Another unintended consequence of the changes proposed by the
bill would be an increase in the number of what he referred to
as "bifurcated trials" that would be necessary, because the
courts have held that such are required when a particular
offense is dependent upon previous convictions. Furthermore,
because the language in the bill specifies that those previous
convictions could be based on another jurisdiction's laws or
ordinances with elements "similar" to those outlined in
AS 11.71.010 - AS 11.71.050, the issue of whether the elements
really are similar must then also be litigated in each case.
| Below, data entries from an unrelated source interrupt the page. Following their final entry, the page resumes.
-- ===== src/Core/Document/Validation.antt =====
-- What the validation of document metadata accepts.
use agent_knowledge.Prelude.{
  ℕ, ◌≤◌, ◌≡◌, refl, ◌≢◌, ◌↔◌, false, Option, none, some, List, [], ◌∷◌, arith, ==_iff, nat_eq,
  list_eq, length, all, any, All, Distinct, Apart, Apart-nil, Apart-cons, contains-eq-false_iff, ok,
  Text, is_control, is_whitespace, option_eq, text,
}
use agent_knowledge.Core.Time.{OffsetDateTime}
use agent_knowledge.Core.Id.{SessionId}
use agent_knowledge.Core.Document.{
  DocumentMetadata, DocumentType, DocumentLimits, log, validate_text, validate_optional_text,
  validate_tags, validate_common, validate_log, validate, updated_before, type_eq,
}
use agent_knowledge.Core.Document.Blank.{is_empty-trim}

-- A text that is not blank, at most `maximum` characters long and without control characters.
pub record IsText (maximum : ℕ) (v : Text) : Type 0 where
  pub not_blank : all is_whitespace v ≡ false
  pub printable : any is_control v ≡ false
  pub short : length v ≤ maximum

pub validate_text_iff :
    (field v : Text) (maximum : ℕ) → (validate_text field v maximum ≡ ok tt) ↔ IsText maximum v
unfolding validate_text
validate_text_iff field v maximum = ground (arith, is_empty-trim v)

abbrev pub IsOptionalText : ℕ → Option Text → Type 0
IsOptionalText maximum none = Unit
IsOptionalText maximum (some v) = IsText maximum v

validate_optional_text_iff :
    (field : Text) (v : Option Text) (maximum : ℕ)
    → (validate_optional_text field v maximum ≡ ok tt) ↔ IsOptionalText maximum v
unfolding validate_optional_text
validate_optional_text_iff field none maximum = (λ _. tt, λ _. refl)
validate_optional_text_iff field (some v) maximum = validate_text_iff field v maximum

validate_tags_iff :
    (maximum : ℕ) (seen tags : List Text)
    → (validate_tags maximum seen tags ≡ ok tt)
      ↔ (All (IsText maximum) tags × Distinct tags × Apart seen tags)
unfolding validate_tags
validate_tags_iff maximum seen [] = (λ _. (tt, tt, tt), λ _. refl)
validate_tags_iff maximum seen (tag ∷ tags) = ground (
  arith,
  validate_text_iff (text "tag") tag maximum,
  contains-eq-false_iff tag seen,
  validate_tags_iff maximum (tag ∷ seen) tags,
  Apart-cons tag seen tags,
)

abbrev NotBefore : Option OffsetDateTime → OffsetDateTime → Type 0
NotBefore none created = Unit
NotBefore (some updated) created = created.instant ≤ updated.instant

updated_before_iff :
    (u : Option OffsetDateTime) (c : OffsetDateTime) → (updated_before u c ≡ false) ↔ NotBefore u c
updated_before_iff none c = ground arith
updated_before_iff (some u) c = ground arith

pub record IsCommon (limits : DocumentLimits) (m : DocumentMetadata) : Type 0 where
  pub version : m.schema_version ≡ 1
  pub title : IsText limits.maximum_title_characters m.title
  pub node : IsOptionalText limits.maximum_metadata_characters m.node
  pub agent : IsOptionalText limits.maximum_metadata_characters m.agent
  pub ordered : NotBefore m.updated m.created
  pub not_self : m.superseded_by ≢ some m.document_id
  pub few_tags : length m.tags ≤ limits.maximum_tags
  pub tags : All (IsText limits.maximum_tag_characters) m.tags
  pub distinct_tags : Distinct m.tags

validate_common_iff :
    (m : DocumentMetadata) (limits : DocumentLimits)
    → (validate_common m limits ≡ ok tt) ↔ IsCommon limits m
unfolding validate_common
validate_common_iff m limits = ground (
  arith,
  validate_text_iff (text "title") m.title limits.maximum_title_characters,
  validate_optional_text_iff (text "node") m.node limits.maximum_metadata_characters,
  validate_optional_text_iff (text "agent") m.agent limits.maximum_metadata_characters,
  updated_before_iff m.updated m.created,
  ==_iff m.superseded_by (some m.document_id),
  validate_tags_iff limits.maximum_tag_characters [] m.tags,
  Apart-nil m.tags,
)

abbrev pub IsPresent {ℓ} : {A : Type ℓ} → Option A → Type 0
IsPresent none = ⊥
IsPresent (some a) = Unit

-- A log names its node, its agent and its session.
abbrev pub HasLogMetadata : DocumentType → Option Text → Option Text → Option SessionId → Type 0
HasLogMetadata log n a s = IsPresent n × IsPresent a × IsPresent s
HasLogMetadata _ n a s = Unit

validate_log_iff :
    (n a : Option Text) (s : Option SessionId)
    → (validate_log n a s ≡ ok tt) ↔ (IsPresent n × IsPresent a × IsPresent s)
unfolding validate_log
validate_log_iff n a s = ground arith

-- Metadata of a document is accepted exactly when it satisfies the common rules (`IsCommon`: the
-- one schema version, texts that are not blank, not too long and free of control characters, an
-- update not before the creation, no document that supersedes itself, and tags that are few and
-- distinct) and, for a log, names its node, its agent and its session.
pub validate_metadata_iff :
    (m : DocumentMetadata) (t : DocumentType) (limits : DocumentLimits)
    → (validate m t limits ≡ ok tt)
      ↔ (IsCommon limits m × HasLogMetadata t m.node m.agent m.session)
unfolding validate
validate_metadata_iff m log limits =
    ground (arith, validate_common_iff m limits, validate_log_iff m.node m.agent m.session)
validate_metadata_iff m _ limits = ground (arith, validate_common_iff m limits)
MR. SVOBODNY indicated that there is also a concern regarding
the proposed threshold amount for LSD - the schedule IIA
controlled substance outlined in AS 11.71.150(b)(12) - because
it could be difficult to determine just what amount of LSD is
involved in any given situation depending on the delivery
mechanism used - blotter paper and Jell-O shots being a couple
of examples of such; the bill should therefore also include some
way of addressing that issue. Furthermore, although the bill
stipulates amounts for which there will be a presumption that
the controlled substance in question is not intended for
distribution, depending on the particular controlled substance,
the proposed amounts may not really be what the legislature
wants to consider as being possessed just for one's personal
use, particularly given the very high retail value of even very
small amounts of certain schedule IA and schedule IIA controlled
substances.
2:33:18 PM
MR. SVOBODNY, acknowledging that the bill's proposed changes
constitute a public policy determination for the legislature to
make, relayed in conclusion that his comments merely highlight
possible unintended consequences of the bill and areas of the
bill that could be improved. In response to a question
regarding the aforementioned hypothetical example proffered by
Mr. Kopp involving an individual in a remote location possessing
a small amount of a schedule IA or a schedule IIA controlled
substance for personal use in an emergency situation,
Mr. Svobodny said he knows of no one who's been in such a
situation who's ever been charged with the class C felony crime
of misconduct involving a controlled substance in the fourth
degree, and relayed that after a brief search of existing
statute, he was unable to find anything addressing the
expiration dates on prescribed medications.